- Task statement: Exactly as written, give again the line with "Avoids b'/' encoding" and all subsequent lines through the end of the records.

─── Records supplied

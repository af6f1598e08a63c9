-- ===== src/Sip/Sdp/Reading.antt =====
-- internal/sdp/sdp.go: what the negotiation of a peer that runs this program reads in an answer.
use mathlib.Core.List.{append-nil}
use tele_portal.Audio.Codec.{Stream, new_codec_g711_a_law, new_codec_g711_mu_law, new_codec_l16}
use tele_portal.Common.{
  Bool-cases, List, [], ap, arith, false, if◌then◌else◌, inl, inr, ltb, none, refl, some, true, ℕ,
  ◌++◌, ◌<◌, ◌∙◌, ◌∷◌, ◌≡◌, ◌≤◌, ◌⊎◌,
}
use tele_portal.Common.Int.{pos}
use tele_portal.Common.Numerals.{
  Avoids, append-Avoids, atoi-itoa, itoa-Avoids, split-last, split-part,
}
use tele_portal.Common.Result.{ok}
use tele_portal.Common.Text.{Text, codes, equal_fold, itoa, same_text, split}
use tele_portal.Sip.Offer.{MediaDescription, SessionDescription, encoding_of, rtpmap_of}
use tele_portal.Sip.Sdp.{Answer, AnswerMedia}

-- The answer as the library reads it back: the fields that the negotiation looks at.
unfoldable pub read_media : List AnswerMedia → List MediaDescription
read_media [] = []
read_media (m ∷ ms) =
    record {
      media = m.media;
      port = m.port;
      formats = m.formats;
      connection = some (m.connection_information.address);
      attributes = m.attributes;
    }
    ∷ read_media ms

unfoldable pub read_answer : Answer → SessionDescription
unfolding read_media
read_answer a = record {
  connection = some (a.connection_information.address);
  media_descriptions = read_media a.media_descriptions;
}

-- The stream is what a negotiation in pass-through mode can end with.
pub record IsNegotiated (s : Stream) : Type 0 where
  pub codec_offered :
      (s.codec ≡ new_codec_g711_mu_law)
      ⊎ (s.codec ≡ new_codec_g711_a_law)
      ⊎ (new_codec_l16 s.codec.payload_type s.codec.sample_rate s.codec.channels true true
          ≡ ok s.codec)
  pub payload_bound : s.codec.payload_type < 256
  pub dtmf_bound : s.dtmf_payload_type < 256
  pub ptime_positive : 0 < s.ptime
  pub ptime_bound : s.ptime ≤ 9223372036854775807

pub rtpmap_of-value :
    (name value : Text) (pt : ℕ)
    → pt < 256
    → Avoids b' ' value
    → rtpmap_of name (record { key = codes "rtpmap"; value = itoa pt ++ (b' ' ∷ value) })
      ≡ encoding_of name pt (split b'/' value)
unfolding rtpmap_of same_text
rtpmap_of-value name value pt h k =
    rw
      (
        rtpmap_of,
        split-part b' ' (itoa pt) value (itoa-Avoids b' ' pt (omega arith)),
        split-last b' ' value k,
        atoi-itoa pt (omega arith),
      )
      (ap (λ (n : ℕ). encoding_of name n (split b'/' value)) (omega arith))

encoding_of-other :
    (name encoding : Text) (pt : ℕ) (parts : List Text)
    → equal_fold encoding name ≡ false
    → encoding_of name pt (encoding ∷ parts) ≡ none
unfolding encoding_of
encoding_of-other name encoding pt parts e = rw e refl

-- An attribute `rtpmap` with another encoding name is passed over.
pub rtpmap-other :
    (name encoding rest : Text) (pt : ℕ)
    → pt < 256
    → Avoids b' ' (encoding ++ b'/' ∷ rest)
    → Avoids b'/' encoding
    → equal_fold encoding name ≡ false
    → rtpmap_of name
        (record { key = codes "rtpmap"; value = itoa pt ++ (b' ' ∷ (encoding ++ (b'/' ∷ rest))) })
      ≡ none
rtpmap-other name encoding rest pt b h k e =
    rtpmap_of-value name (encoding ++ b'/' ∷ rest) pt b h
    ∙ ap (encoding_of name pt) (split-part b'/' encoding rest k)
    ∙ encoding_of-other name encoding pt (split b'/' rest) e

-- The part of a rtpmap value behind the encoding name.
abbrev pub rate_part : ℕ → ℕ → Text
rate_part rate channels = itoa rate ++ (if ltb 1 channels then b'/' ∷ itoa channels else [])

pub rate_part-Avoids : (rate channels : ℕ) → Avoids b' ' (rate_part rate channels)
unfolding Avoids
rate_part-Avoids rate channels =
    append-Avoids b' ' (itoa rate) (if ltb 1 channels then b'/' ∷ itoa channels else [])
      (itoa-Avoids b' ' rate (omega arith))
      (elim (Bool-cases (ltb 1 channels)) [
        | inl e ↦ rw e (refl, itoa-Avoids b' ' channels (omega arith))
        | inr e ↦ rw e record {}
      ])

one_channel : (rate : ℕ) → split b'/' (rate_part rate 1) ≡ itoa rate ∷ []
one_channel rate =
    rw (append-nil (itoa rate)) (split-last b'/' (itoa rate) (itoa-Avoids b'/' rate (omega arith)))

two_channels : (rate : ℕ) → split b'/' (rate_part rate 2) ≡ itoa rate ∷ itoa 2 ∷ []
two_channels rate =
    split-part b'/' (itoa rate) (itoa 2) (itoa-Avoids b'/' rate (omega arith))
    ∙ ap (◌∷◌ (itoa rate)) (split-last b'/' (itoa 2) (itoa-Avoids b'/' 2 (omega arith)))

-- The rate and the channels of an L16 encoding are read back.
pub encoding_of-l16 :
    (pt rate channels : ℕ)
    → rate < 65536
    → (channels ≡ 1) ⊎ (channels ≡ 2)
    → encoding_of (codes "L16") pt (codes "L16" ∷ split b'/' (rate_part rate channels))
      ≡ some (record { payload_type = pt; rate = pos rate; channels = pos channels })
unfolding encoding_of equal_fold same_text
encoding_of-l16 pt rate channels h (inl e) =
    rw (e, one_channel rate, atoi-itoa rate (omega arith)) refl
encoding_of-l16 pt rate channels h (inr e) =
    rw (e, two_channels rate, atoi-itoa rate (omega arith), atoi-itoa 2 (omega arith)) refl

──────

- Written answer:
    → Avoids b'/' encoding
    → equal_fold encoding name ≡ false
    → rtpmap_of name
        (record { key = codes "rtpmap"; value = itoa pt ++ (b' ' ∷ (encoding ++ (b'/' ∷ rest))) })
      ≡ none
rtpmap-other name encoding rest pt b h k e =
    rtpmap_of-value name (encoding ++ b'/' ∷ rest) pt b h
    ∙ ap (encoding_of name pt) (split-part b'/' encoding rest k)
    ∙ encoding_of-other name encoding pt (split b'/' rest) e

-- The part of a rtpmap value behind the encoding name.
abbrev pub rate_part : ℕ → ℕ → Text
rate_part rate channels = itoa rate ++ (if ltb 1 channels then b'/' ∷ itoa channels else [])

pub rate_part-Avoids : (rate channels : ℕ) → Avoids b' ' (rate_part rate channels)
unfolding Avoids
rate_part-Avoids rate channels =
    append-Avoids b' ' (itoa rate) (if ltb 1 channels then b'/' ∷ itoa channels else [])
      (itoa-Avoids b' ' rate (omega arith))
      (elim (Bool-cases (ltb 1 channels)) [
        | inl e ↦ rw e (refl, itoa-Avoids b' ' channels (omega arith))
        | inr e ↦ rw e record {}
      ])

one_channel : (rate : ℕ) → split b'/' (rate_part rate 1) ≡ itoa rate ∷ []
one_channel rate =
    rw (append-nil (itoa rate)) (split-last b'/' (itoa rate) (itoa-Avoids b'/' rate (omega arith)))

two_channels : (rate : ℕ) → split b'/' (rate_part rate 2) ≡ itoa rate ∷ itoa 2 ∷ []
two_channels rate =
    split-part b'/' (itoa rate) (itoa 2) (itoa-Avoids b'/' rate (omega arith))
    ∙ ap (◌∷◌ (itoa rate)) (split-last b'/' (itoa 2) (itoa-Avoids b'/' 2 (omega arith)))

-- The rate and the channels of an L16 encoding are read back.
pub encoding_of-l16 :
    (pt rate channels : ℕ)
    → rate < 65536
    → (channels ≡ 1) ⊎ (channels ≡ 2)
    → encoding_of (codes "L16") pt (codes "L16" ∷ split b'/' (rate_part rate channels))
      ≡ some (record { payload_type = pt; rate = pos rate; channels = pos channels })
unfolding encoding_of equal_fold same_text
encoding_of-l16 pt rate channels h (inl e) =
    rw (e, one_channel rate, atoi-itoa rate (omega arith)) refl
encoding_of-l16 pt rate channels h (inr e) =
    rw (e, two_channels rate, atoi-itoa rate (omega arith), atoi-itoa 2 (omega arith)) refl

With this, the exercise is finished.